From the ACF plot, we can see that the residual is quite stationary and from the QQplot, it indicates that the residual fitted normal distribution with light tails on both sides.
In this part, we will fit GARCH(1,1) model to our CPI dataset. And the output shows that the logliklihood is 1151.887 which is greater than the ARIMA(0,1,1) selected in part 2. This shows GARCH(1,1) model fits better than ARIMA(0,1,1) model on this CPI dataset.
The GARCH(1,1) model used is shown below:
\[
Y_n = \epsilon_n\sqrt{V_n}
\] where
\[ V_n = \alpha_0+\alpha_1Y_{n-1}^2 + \beta_1V_{n-1} \] and \(\epsilon_{1:N}\) is white noise.
##
## Call:
## garch(x = dmcandy, grad = "numerical", trace = FALSE)
##
## Model:
## GARCH(1,1)
##
## Residuals:
## Min 1Q Median 3Q Max
## -3.72927 -0.56529 -0.01359 0.60788 3.16261
##
## Coefficient(s):
## Estimate Std. Error t value Pr(>|t|)
## a0 2.621e-05 1.450e-05 1.807 0.070717 .
## a1 5.907e-02 1.592e-02 3.710 0.000207 ***
## b1 9.179e-01 2.296e-02 39.981 < 2e-16 ***
## ---
## Signif. codes: 0 '***' 0.001 '**' 0.01 '*' 0.05 '.' 0.1 ' ' 1
##
## Diagnostic Tests:
## Jarque Bera Test
##
## data: Residuals
## X-squared = 16.822, df = 2, p-value = 0.0002224
##
##
## Box-Ljung test
##
## data: Squared.Residuals
## X-squared = 0.36558, df = 1, p-value = 0.5454
## 'log Lik.' 1151.887 (df=3)
The fitted GARCH model is:
\[
Y_n = \epsilon_n\sqrt{V_n}
\]
where
\[ V_n = 2.621\times10^{-5}+0.06Y_{n-1}^2 + 0.918V_{n-1} \]
In this part, we will fit POMP model on CPI dataset.
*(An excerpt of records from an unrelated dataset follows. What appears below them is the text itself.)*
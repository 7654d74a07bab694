-- ===== src/Memcpy.antt =====
-- The emitted function `solidity.memcpy` of evmtrans/EEIModule.cpp. The linear memory is a function
-- from addresses to bytes, and addresses do not wrap.
pub mod Defs
pub mod Copied
pub mod Total
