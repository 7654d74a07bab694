-- ===== src/Product.antt =====
-- `Arith256::getMulFunc` of evmtrans/Arith256.cpp: the function that multiplies words of 256 or 128
-- bits by products of half the width.
pub mod Defs
pub mod Correct
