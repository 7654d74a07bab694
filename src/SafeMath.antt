-- ===== src/SafeMath.antt =====
-- The checked operations that evmtrans/Arith256.cpp emits for a patched contract, `safeAdd`,
-- `safeSub`, `safeMul` and `safeUDiv`, and the choice among them in `UseSafeMathPass` of
-- evmtrans/Optimizer.cpp. Which instructions the pass replaces, by their names and by `detectBug`,
-- is left out.
pub mod Defs
pub mod Exact
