-- ===== src/SafeMath/Defs.antt =====
-- `getSafeMathAddFunc`, `getSafeMathSubFunc`, `getSafeMathMulFunc` and `getSafeMathUDivFunc`, and
-- the switch of `UseSafeMathPass::runOnFunction`.
use evmbt.Prelude.{ℕ, ◌/◌, Option, none, some, not, ltb, ◌==◌, if◌then◌else◌}
use evmbt.Words.{add_word, sub_word, mul_word}

-- How a call ends: it returns a word, or it calls `ethereum.revert` first.
pub data Outcome : Type 0 where
  returned : ℕ → Outcome
  reverted : ℕ → Outcome

unfoldable pub safe_add : ℕ → ℕ → Outcome
safe_add lhs rhs =
    let res = add_word 256 lhs rhs in if ltb res lhs then reverted 0 else returned res

unfoldable pub safe_sub : ℕ → ℕ → Outcome
safe_sub lhs rhs = if ltb lhs rhs then reverted 0 else returned (sub_word 256 lhs rhs)

unfoldable pub safe_mul : ℕ → ℕ → Outcome
safe_mul lhs rhs =
    let res = mul_word 256 lhs rhs in
    if lhs == 0 then returned 0 else (if not (res / lhs == rhs) then reverted 0 else returned res)

unfoldable pub safe_udiv : ℕ → ℕ → Outcome
safe_udiv lhs rhs = if rhs == 0 then reverted 0 else returned (lhs / rhs)

-- The opcodes of LLVM that the pass knows; every other one stands for itself.
pub data BinaryOpcode : Type 0 where
  add_op : BinaryOpcode
  sub_op : BinaryOpcode
  mul_op : BinaryOpcode
  udiv_op : BinaryOpcode
  other_op : ℕ → BinaryOpcode

-- The function that replaces an instruction.
unfoldable pub safe_func : BinaryOpcode → Option (ℕ → ℕ → Outcome)
unfolding safe_add safe_sub safe_mul safe_udiv
safe_func add_op = some safe_add
safe_func sub_op = some safe_sub
safe_func mul_op = some safe_mul
safe_func udiv_op = some safe_udiv
safe_func (other_op n) = none
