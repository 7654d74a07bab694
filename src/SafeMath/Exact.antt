-- ===== src/SafeMath/Exact.antt =====
-- The checked operations against the exact ones on numbers.
use native.Mathlib.Nat.{div-lt_iff_lt-mul, mod-lt, mod-eq_of_lt, mul-div_cancel_left}
use evmbt.Prelude.{
  ℕ, ◌+◌, ◌-◌, ◌*◌, ◌/◌, ◌^◌, ◌<◌, ◌≤◌, ◌≡◌, ◌≢◌, ◌∙◌, refl, ap, Option, none, some, ltb, leb, ◌==◌,
  if◌then◌else◌, Bool-cases, inl, inr, eq_of_beq, ne_of_beq, arith,
}
use evmbt.Words.{mul_word}
use evmbt.SafeMath.Defs.{
  Outcome, returned, reverted, safe_add, safe_sub, safe_mul, safe_udiv, BinaryOpcode, add_op,
  sub_op, mul_op, udiv_op, other_op, safe_func,
}

-- The result on numbers, where it is a word.
abbrev pub exact : BinaryOpcode → ℕ → ℕ → Option ℕ
exact add_op a b = if ltb (a + b) (2 ^ 256) then some (a + b) else none
exact sub_op a b = if leb b a then some (a - b) else none
exact mul_op a b = if ltb (a * b) (2 ^ 256) then some (a * b) else none
exact udiv_op a b = if b == 0 then none else some (a / b)
exact (other_op n) a b = none

abbrev pub outcome : Option ℕ → Outcome
outcome (some n) = returned n
outcome none = reverted 0

safe_add_lem : (a b : ℕ) → a < 2 ^ 256 → b < 2 ^ 256 → safe_add a b ≡ outcome (exact add_op a b)
unfolding safe_add
safe_add_lem a b h k = ground arith

safe_sub_lem : (a b : ℕ) → a < 2 ^ 256 → safe_sub a b ≡ outcome (exact sub_op a b)
unfolding safe_sub
safe_sub_lem a b h = ground arith

safe_udiv_lem : (a b : ℕ) → safe_udiv a b ≡ outcome (exact udiv_op a b)
unfolding safe_udiv
safe_udiv_lem a b = ground arith

quotient_back : (a b : ℕ) → a ≢ 0 → a * b < 2 ^ 256 → mul_word 256 a b / a ≡ b
quotient_back a b n h =
    let p : 0 < a = omega arith in ap (λ k. k / a) (mod-eq_of_lt h) ∙ mul-div_cancel_left b p

quotient_lost : (a b : ℕ) → a ≢ 0 → 2 ^ 256 ≤ a * b → mul_word 256 a b / a < b
quotient_lost a b n h =
    let below : mul_word 256 a b < b * a =
      grind (arith, mod-lt (a * b) {m = 2 ^ 256} (omega arith)) in
    (div-lt_iff_lt-mul {k = a} (omega arith)).1 below

safe_mul_zero : (b : ℕ) → safe_mul 0 b ≡ returned 0
unfolding safe_mul
safe_mul_zero b = refl

safe_mul_fits : (a b : ℕ) → a ≢ 0 → a * b < 2 ^ 256 → safe_mul a b ≡ returned (a * b)
unfolding safe_mul
safe_mul_fits a b n h = ground (arith, quotient_back a b n h, mod-eq_of_lt h)

safe_mul_wraps : (a b : ℕ) → a ≢ 0 → 2 ^ 256 ≤ a * b → safe_mul a b ≡ reverted 0
unfolding safe_mul
safe_mul_wraps a b n h = ground (arith, quotient_lost a b n h)

safe_mul_lem : (a b : ℕ) → safe_mul a b ≡ outcome (exact mul_op a b)
safe_mul_lem a b = elim (Bool-cases (a == 0)) [
  | inl z ↦
      let e : a ≡ 0 = eq_of_beq a 0 z in
      let none_lost : a * b ≡ 0 = ap (λ n. n * b) e ∙ omega arith in
      ap (λ n. safe_mul n b) e ∙ safe_mul_zero b ∙ ground arith
  | inr z ↦
      let n : a ≢ 0 = ne_of_beq a 0 z in
      elim (Bool-cases (ltb (a * b) (2 ^ 256))) [
        | inl lt ↦ safe_mul_fits a b n (ground arith) ∙ ground arith
        | inr ge ↦ safe_mul_wraps a b n (ground arith) ∙ ground arith
      ]
]

abbrev pub IsArithmetic : BinaryOpcode → Type 0
IsArithmetic (other_op n) = ⊥
IsArithmetic op = Unit

-- The function that replaces an addition, a subtraction, a product or an unsigned quotient of words
-- returns the exact result where that is a word, and reverts where it is not: a sum or a product
-- of at least 2^256, a negative difference, or a quotient by 0.
pub safe_func-exact :
    (op : BinaryOpcode) (a b : ℕ)
    → IsArithmetic op
    → a < 2 ^ 256
    → b < 2 ^ 256
    → (f : ℕ → ℕ → Outcome) × (safe_func op ≡ some f) × (f a b ≡ outcome (exact op a b))
unfolding safe_func
safe_func-exact add_op a b ok h k = (safe_add, refl, safe_add_lem a b h k)
safe_func-exact sub_op a b ok h k = (safe_sub, refl, safe_sub_lem a b h)
safe_func-exact mul_op a b ok h k = (safe_mul, refl, safe_mul_lem a b)
safe_func-exact udiv_op a b ok h k = (safe_udiv, refl, safe_udiv_lem a b)
safe_func-exact (other_op n) a b ok h k = absurd ok
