-- ===== src/Split/Defs.antt =====
-- The loop of `splitCode`.
use evmbt.Prelude.{
  ℕ, zero, suc, List, Bool, true, false, Option, none, some, length, ◌==◌, if◌then◌else◌,
}
use evmbt.Instruction.{byte_at, codecopy_op, return_op, push1_op, skip_push_data_and_get_next}

-- The variables of the loop; `return_pc` is the reference argument `RETURNPC`.
pub record Walk : Type 0 where
  pub curr : ℕ
  pub exist_code_copy : Bool
  pub exist_return : Bool
  pub return_pc : ℕ

-- The result: -1, or the split point. Both come with the final `RETURNPC`.
pub data Verdict : Type 0 where
  missing : ℕ → Verdict
  found : ℕ → ℕ → Verdict

-- The `switch` on one opcode, but for its `return`.
unfoldable pub walk_step : List ℕ → Walk → Walk
walk_step code w =
    let op = byte_at code w.curr in
    let next = skip_push_data_and_get_next code w.curr (length code) in
    if op == codecopy_op
    then record w { curr = next; exist_code_copy = true }
    else if op == return_op
    then (if w.exist_code_copy
        then record w { curr = next; exist_return = true; return_pc = w.curr }
        else record w { curr = next })
    else record w { curr = next }

-- The test of the PUSH1 case.
abbrev pub splits_here : List ℕ → Walk → Bool
splits_here code w = if byte_at code w.curr == push1_op then w.exist_return else false

-- The loop; `none` means that the fuel ran out.
unfoldable pub walk_loop : ℕ → List ℕ → Walk → Option Verdict
walk_loop zero code w = none
walk_loop (suc fuel) code w =
    let rest = walk_loop fuel code (walk_step code w) in
    if w.curr == length code
    then some (missing w.return_pc)
    else if splits_here code w
    then some (found w.curr w.return_pc)
    else rest

abbrev pub start_walk : ℕ → Walk
start_walk return_pc = record {
  curr = 0;
  exist_code_copy = false;
  exist_return = false;
  return_pc = return_pc;
}

-- `splitCode(_begin, _end, RETURNPC)`, with the value that `RETURNPC` has before the call.
unfoldable pub split_code : List ℕ → ℕ → Option Verdict
unfolding walk_loop walk_step
split_code code return_pc = walk_loop (suc (length code)) code (start_walk return_pc)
As production index is similar to price index, we will fit pomp model and compare the output with other model selected below.
In this part, the pomp model is from Breto(2014).
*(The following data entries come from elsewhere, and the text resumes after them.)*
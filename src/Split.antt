-- ===== src/Split.antt =====
-- `splitCode` of evmtrans/WASMCompiler.cpp: where the deployment code ends and the runtime code
-- begins, and the `RETURN` of the deployment code.
mod Defs
pub mod Sound
pub use Defs.{Walk, Verdict, missing, found}
unfoldable pub use Defs.{split_code}
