-- ===== src/EibNetIp/Codec.antt =====
-- eibnetip.cpp: ToPacket and the parsers, by the class of the message.
use bcusdk.Base.{ℕ}
use bcusdk.EibNetIp.{
  IpMessage, Packet, Parsed, config_ack, config_request, connect_request, connect_response,
  connectionstate_request, connectionstate_response, description_request, description_response,
  disconnect_request, disconnect_response, search_request, search_response, tunnel_ack,
  tunnel_request,
}
use bcusdk.EibNetIp.Connect.{
  connect_request_packet, connect_response_packet, connectionstate_request_packet,
  connectionstate_response_packet, disconnect_request_packet, disconnect_response_packet,
  parse_connect_request, parse_connect_response, parse_connectionstate_request,
  parse_connectionstate_response, parse_disconnect_request, parse_disconnect_response,
}
use bcusdk.EibNetIp.Discovery.{
  description_request_packet, description_response_packet, parse_description_request,
  parse_description_response, parse_search_request, parse_search_response, search_request_packet,
  search_response_packet,
}
use bcusdk.EibNetIp.Tunnel.{
  config_ack_packet, config_request_packet, parse_config_ack, parse_config_request,
  parse_tunnel_ack, parse_tunnel_request, tunnel_ack_packet, tunnel_request_packet,
}

-- The classes of the messages.
pub data Service : Type 0 where
  connection_request connection_response state_request state_response disconnection_request
        disconnection_response tunnelling_request tunnelling_response configuration_request
        configuration_ack describe_request describe_response find_request find_response :
      Service

abbrev pub class_of_message : IpMessage → Service
class_of_message (connect_request _ _ _ _) = connection_request
class_of_message (connect_response _ _ _ _ _) = connection_response
class_of_message (connectionstate_request _ _ _) = state_request
class_of_message (connectionstate_response _ _) = state_response
class_of_message (disconnect_request _ _ _) = disconnection_request
class_of_message (disconnect_response _ _) = disconnection_response
class_of_message (tunnel_request _ _ _) = tunnelling_request
class_of_message (tunnel_ack _ _ _) = tunnelling_response
class_of_message (config_request _ _ _) = configuration_request
class_of_message (config_ack _ _ _) = configuration_ack
class_of_message (description_request _ _) = describe_request
class_of_message (description_response _ _) = describe_response
class_of_message (search_request _ _) = find_request
class_of_message (search_response _ _ _) = find_response

-- ToPacket of the class of a message. `fresh` is what `resize` leaves in a new byte.
unfoldable pub packet_of : (ℕ → ℕ) → IpMessage → Packet
packet_of fresh (connect_request c d cri nat) = connect_request_packet c d cri nat
packet_of fresh (connect_response ch st d nat crd) = connect_response_packet ch st d nat crd
packet_of fresh (connectionstate_request ch c nat) = connectionstate_request_packet ch c nat
packet_of fresh (connectionstate_response ch st) = connectionstate_response_packet ch st
packet_of fresh (disconnect_request c ch nat) = disconnect_request_packet c ch nat
packet_of fresh (disconnect_response ch st) = disconnect_response_packet ch st
packet_of fresh (tunnel_request ch n cemi) = tunnel_request_packet ch n cemi
packet_of fresh (tunnel_ack ch n st) = tunnel_ack_packet ch n st
packet_of fresh (config_request ch n cemi) = config_request_packet ch n cemi
packet_of fresh (config_ack ch n st) = config_ack_packet ch n st
packet_of fresh (description_request c nat) = description_request_packet c nat
packet_of fresh (description_response d optional) = description_response_packet fresh d optional
packet_of fresh (search_request c nat) = search_request_packet c nat
packet_of fresh (search_response d c nat) = search_response_packet d c nat

-- The parser of a class.
unfoldable pub parse_as : Service → Packet → Parsed
parse_as connection_request p = parse_connect_request p
parse_as connection_response p = parse_connect_response p
parse_as state_request p = parse_connectionstate_request p
parse_as state_response p = parse_connectionstate_response p
parse_as disconnection_request p = parse_disconnect_request p
parse_as disconnection_response p = parse_disconnect_response p
parse_as tunnelling_request p = parse_tunnel_request p
parse_as tunnelling_response p = parse_tunnel_ack p
parse_as configuration_request p = parse_config_request p
parse_as configuration_ack p = parse_config_ack p
parse_as describe_request p = parse_description_request p
parse_as describe_response p = parse_description_response p
parse_as find_request p = parse_search_request p
parse_as find_response p = parse_search_response p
\[ R_n = \frac{exp(2G_n)-1}{exp(2G_n)+1} \] where \({G_n}\) is the usual, Gaussian random walk.
\[ Y_n = exp\{H_n/2\}\epsilon_n \]
\[ H_n = \mu_h(1-\phi)+\phi H_{n-1} + \beta_{n-1}R_nexp\{-H_{n-1}/2\}+\omega_n \] \[ G_n = G_{n-1}+\upsilon_n \]
where
\[
\beta_n =Y_n\sigma_\eta\sqrt{1-\phi^2}
\] \[
\epsilon_n ~is \ i .i.d \ N(0,1)
\]
\[ \upsilon_n ~is \ i .i.d \ N(0,{\sigma_\upsilon}^2) \]
\[ \omega_n ~is \ i .i.d \ N(0,{\sigma_\omega}^2) \]
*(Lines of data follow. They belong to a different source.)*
-- ===== src/EibNetIp/Parsers.antt =====
-- The parsers of eibnetip.cpp side by side: which packets they take, and where they go wrong.
use bcusdk.Base.{
  ==_iff, Bool, Bool-cases, IsBytes, Option, ap, arith, at, at-IsByte, drop, false, if◌then◌else◌,
  inl, inr, length, ltb, none, not, some, sym, take, ℕ, ◌%◌, ◌+◌, ◌<◌, ◌==◌, ◌↔◌, ◌∙◌, ◌≡◌, ◌≤◌,
}
use bcusdk.EibNetIp.{IpMessage, Packet, Parsed, SockAddr, eibnet_to_ip, oversized, parsed, refused}
use bcusdk.EibNetIp.Codec.{
  Service, class_of_message, configuration_ack, configuration_request, connection_request,
  connection_response, describe_request, describe_response, disconnection_request,
  disconnection_response, find_request, find_response, parse_as, state_request, state_response,
  tunnelling_request, tunnelling_response,
}
use bcusdk.EibNetIp.Connect.{
  parse_connect_request, parse_connect_response, parse_connectionstate_request,
  parse_connectionstate_response, parse_disconnect_request, parse_disconnect_response,
}
use bcusdk.EibNetIp.Discovery.{
  loop_rounds, parse_description_request, parse_description_response, parse_search_request,
  parse_search_response, resize_argument,
}
use bcusdk.EibNetIp.Tunnel.{
  parse_config_ack, parse_config_request, parse_tunnel_ack, parse_tunnel_request,
}

-- The service codes of eibnetip.h.
abbrev pub service_code : Service → ℕ
service_code find_request = 0x0201
service_code find_response = 0x0202
service_code describe_request = 0x0203
service_code describe_response = 0x0204
service_code connection_request = 0x0205
service_code connection_response = 0x0206
service_code state_request = 0x0207
service_code state_response = 0x0208
service_code disconnection_request = 0x0209
service_code disconnection_response = 0x020a
service_code tunnelling_request = 0x0420
service_code tunnelling_response = 0x0421
service_code configuration_request = 0x0310
service_code configuration_ack = 0x0311

-- A chain of tests that comes to its end gives the message at its end.
end_of :
    (t1 t2 t3 t4 t5 t6 : Bool) (n : ℕ) (r m : IpMessage)
    → (if t1
        then refused
        else if t2
        then refused
        else if t3
        then refused
        else if t4
        then refused
        else if t5
        then refused
        else if t6
        then parsed r
        else oversized n)
      ≡ parsed m
    → r ≡ m
end_of t1 t2 t3 t4 t5 t6 n r m e = ground arith

start_of :
    (t1 t2 : Bool) (r : Parsed) (m : IpMessage)
    → (if t1 then refused else if t2 then refused else r) ≡ parsed m
    → (t1 ≡ false) × (r ≡ parsed m)
start_of t1 t2 r m e = ground arith

behind :
    (o : Option (SockAddr × Bool)) (f : SockAddr × Bool → Parsed) (m : IpMessage)
    → elim o [ none ↦ refused | some x ↦ f x ] ≡ parsed m
    → (x : SockAddr × Bool) × (f x ≡ parsed m)
behind none f m e = ground arith
behind (some x) f m e = (x, e)

described_by :
    (p : Packet) (m : IpMessage)
    → parse_description_response p ≡ parsed m
    → (p.service ≡ 0x0204) × (class_of_message m ≡ describe_response)
unfolding parse_description_response
described_by p m e =
    let c = p.content in
    let start = start_of (not (p.service == 0x0204)) (ltb (length c) 56) _ m e in
    let last =
      end_of (not (at c 0 == 54)) (not (at c 1 == 1)) (not (at c 55 == 2)) (not (at c 54 % 2 == 0))
        (ltb (length c) (at c 54 + 54)) (resize_argument (at c 54) == loop_rounds (at c 54)) _ _ m
        start.1 in
    ((==_iff p.service 0x0204).0 (ground arith), ap class_of_message (sym last))

found_by :
    (p : Packet) (m : IpMessage)
    → parse_search_response p ≡ parsed m
    → (p.service ≡ 0x0202) × (class_of_message m ≡ find_response)
unfolding parse_search_response
found_by p m e =
    let c = drop 8 p.content in
    let start = start_of (not (p.service == 0x0202)) (ltb (length p.content) 64) _ m e in
    let found = behind (eibnet_to_ip (take 8 p.content) p.src false) _ m start.1 in
    let last =
      end_of (not (at c 0 == 54)) (not (at c 1 == 1)) (not (at c 55 == 2)) (not (at c 54 % 2 == 0))
        (ltb (length p.content) (at c 54 + 62)) (resize_argument (at c 54) == loop_rounds (at c 54))
        _ _ m found.1 in
    ((==_iff p.service 0x0202).0 (ground arith), ap class_of_message (sym last))

taken_by :
    (k : Service) (p : Packet) (m : IpMessage)
    → parse_as k p ≡ parsed m
    → (p.service ≡ service_code k) × (class_of_message m ≡ k)
unfolding parse_as
taken_by connection_request p m e = unfold parse_connect_request in ground arith
taken_by connection_response p m e = unfold parse_connect_response in ground arith
taken_by state_request p m e = unfold parse_connectionstate_request in ground arith
taken_by state_response p m e = unfold parse_connectionstate_response in ground arith
taken_by disconnection_request p m e = unfold parse_disconnect_request in ground arith
taken_by disconnection_response p m e = unfold parse_disconnect_response in ground arith
taken_by tunnelling_request p m e = unfold parse_tunnel_request in ground arith
taken_by tunnelling_response p m e = unfold parse_tunnel_ack in ground arith
taken_by configuration_request p m e = unfold parse_config_request in ground arith
taken_by configuration_ack p m e = unfold parse_config_ack in ground arith
taken_by describe_request p m e = unfold parse_description_request in ground arith
taken_by describe_response p m e = described_by p m e
taken_by find_request p m e = unfold parse_search_request in ground arith
taken_by find_response p m e = found_by p m e

service_code-injective : (k l : Service) → service_code k ≡ service_code l → k ≡ l
service_code-injective k l e = ground arith

-- A packet is taken by one parser at most, the one of its service code, which makes a message of its
-- own class.
pub parse_as_unique :
    (k l : Service) (p : Packet) (m n : IpMessage)
    → parse_as k p ≡ parsed m
    → parse_as l p ≡ parsed n
    → (k ≡ l) × (class_of_message m ≡ k) × (p.service ≡ service_code k)
parse_as_unique k l p m n e f =
    let first = taken_by k p m e in
    let second = taken_by l p n f in
    (service_code-injective k l (sym first.0 ∙ second.0), first.1, first.0)

-- The second block of a device description has length 0, and all that the parser tests is right.
abbrev pub IsEmptyBlock : Packet → Type 0
IsEmptyBlock p =
    (p.service ≡ 0x0204)
    × (56 ≤ length p.content)
    × (at p.content 0 ≡ 54)
    × (at p.content 1 ≡ 1)
    × (at p.content 54 ≡ 0)
    × (at p.content 55 ≡ 2)

module _ (n : ℕ) where
  two_passed :
      (t1 t2 : Bool) (r : Parsed)
      → (if t1 then refused else if t2 then refused else r) ≡ oversized n
      → (t1 ≡ false) × (t2 ≡ false) × (r ≡ oversized n)
  two_passed t1 t2 r e = ground arith

  passed_size : (t : Bool) (r : Parsed) → (if t then refused else r) ≡ oversized n → r ≡ oversized n
  passed_size t r e = ground arith

  size_asked :
      (t : Bool) (m : IpMessage) (k : ℕ)
      → (if t then parsed m else oversized k) ≡ oversized n
      → (t ≡ false) × (k ≡ n)
  size_asked t m k e = ground arith

-- The number of places is more than the loop fills for the length 0 alone.
unfilled :
    (block : ℕ)
    → block < 256
    → block % 2 ≡ 0
    → (resize_argument block == loop_rounds block) ≡ false
    → block ≡ 0
unfilled block h k e = elim (Bool-cases (block == 0)) [
  | inl t ↦ (==_iff block 0).0 t
  | inr f ↦ absurd (
      ground
        (arith, e, f, (==_iff (resize_argument block) (loop_rounds block)).1 (ground (arith, f))))
]

empty_block :
    (p : Packet) (n : ℕ)
    → IsBytes p.content
    → parse_description_response p ≡ oversized n
    → IsEmptyBlock p × (n ≡ 4294967295)
unfolding parse_description_response
empty_block p n v e =
    let c = p.content in
    let a = two_passed n (not (p.service == 0x0204)) (ltb (length c) 56) _ e in
    let b = two_passed n (not (at c 0 == 54)) (not (at c 1 == 1)) _ a.2 in
    let d = two_passed n (not (at c 55 == 2)) (not (at c 54 % 2 == 0)) _ b.2 in
    let f = passed_size n (ltb (length c) (at c 54 + 54)) _ d.2 in
    let g = size_asked n (resize_argument (at c 54) == loop_rounds (at c 54)) _ _ f in
    let zero_length = unfilled (at c 54) (at-IsByte c 54 v) (ground arith) g.0 in
    (
      (
        (==_iff p.service 0x0204).0 (ground arith),
        ground arith,
        (==_iff (at c 0) 54).0 (ground arith),
        (==_iff (at c 1) 1).0 (ground arith),
        zero_length,
        (==_iff (at c 55) 2).0 (ground arith),
      ),
      omega (arith, g.1, zero_length),
    )

-- On a packet of bytes, the parser of a device description takes it with an array of `n` services that its
-- loop does not fill exactly if the packet has an empty second block, and then `n` is 2 ^ 32 - 1.
pub oversized_iff :
    (p : Packet) (n : ℕ)
    → IsBytes p.content
    → parse_description_response p ≡ oversized n ↔ IsEmptyBlock p × (n ≡ 4294967295)
unfolding parse_description_response
oversized_iff p n v = (empty_block p n v, λ w. ground arith)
The runlevel of fitting the pomp model shown below:
run_level <- 3
candy_Np <- switch(run_level,100,1e3,2e3)
candy_Nmif <- switch(run_level,10,100,200)
candy_Nreps_eval <- switch(run_level,4,10,20)
candy_Nreps_local <- switch(run_level,10,20,20)
candy_Nreps_global <- switch(run_level,10,20,100)
The test of loglikelihood works well with efficient output and standard error.
## se
## -808.2704481 0.1611517
## Min. 1st Qu. Median Mean 3rd Qu. Max.
## 1126 1143 1148 1146 1154 1155
The loglikelihood of local search is 1152. From the plot, it indicates that the range to get larger loglikelihood of each parameters.
## Min. 1st Qu. Median Mean 3rd Qu. Max.
## 1114 1130 1143 1142 1154 1159
The loglikelihood of global search is 1159.
From the plot above, we can see that all the parameters almost converged after enough times of iteration.
From the analysis above, we found that POMP model fits the best among the ARIMA&SARIMA, GARCH and POMP model with the largest log likelihood as 1159. And POMP model fits well as the runtime is quite low to converge.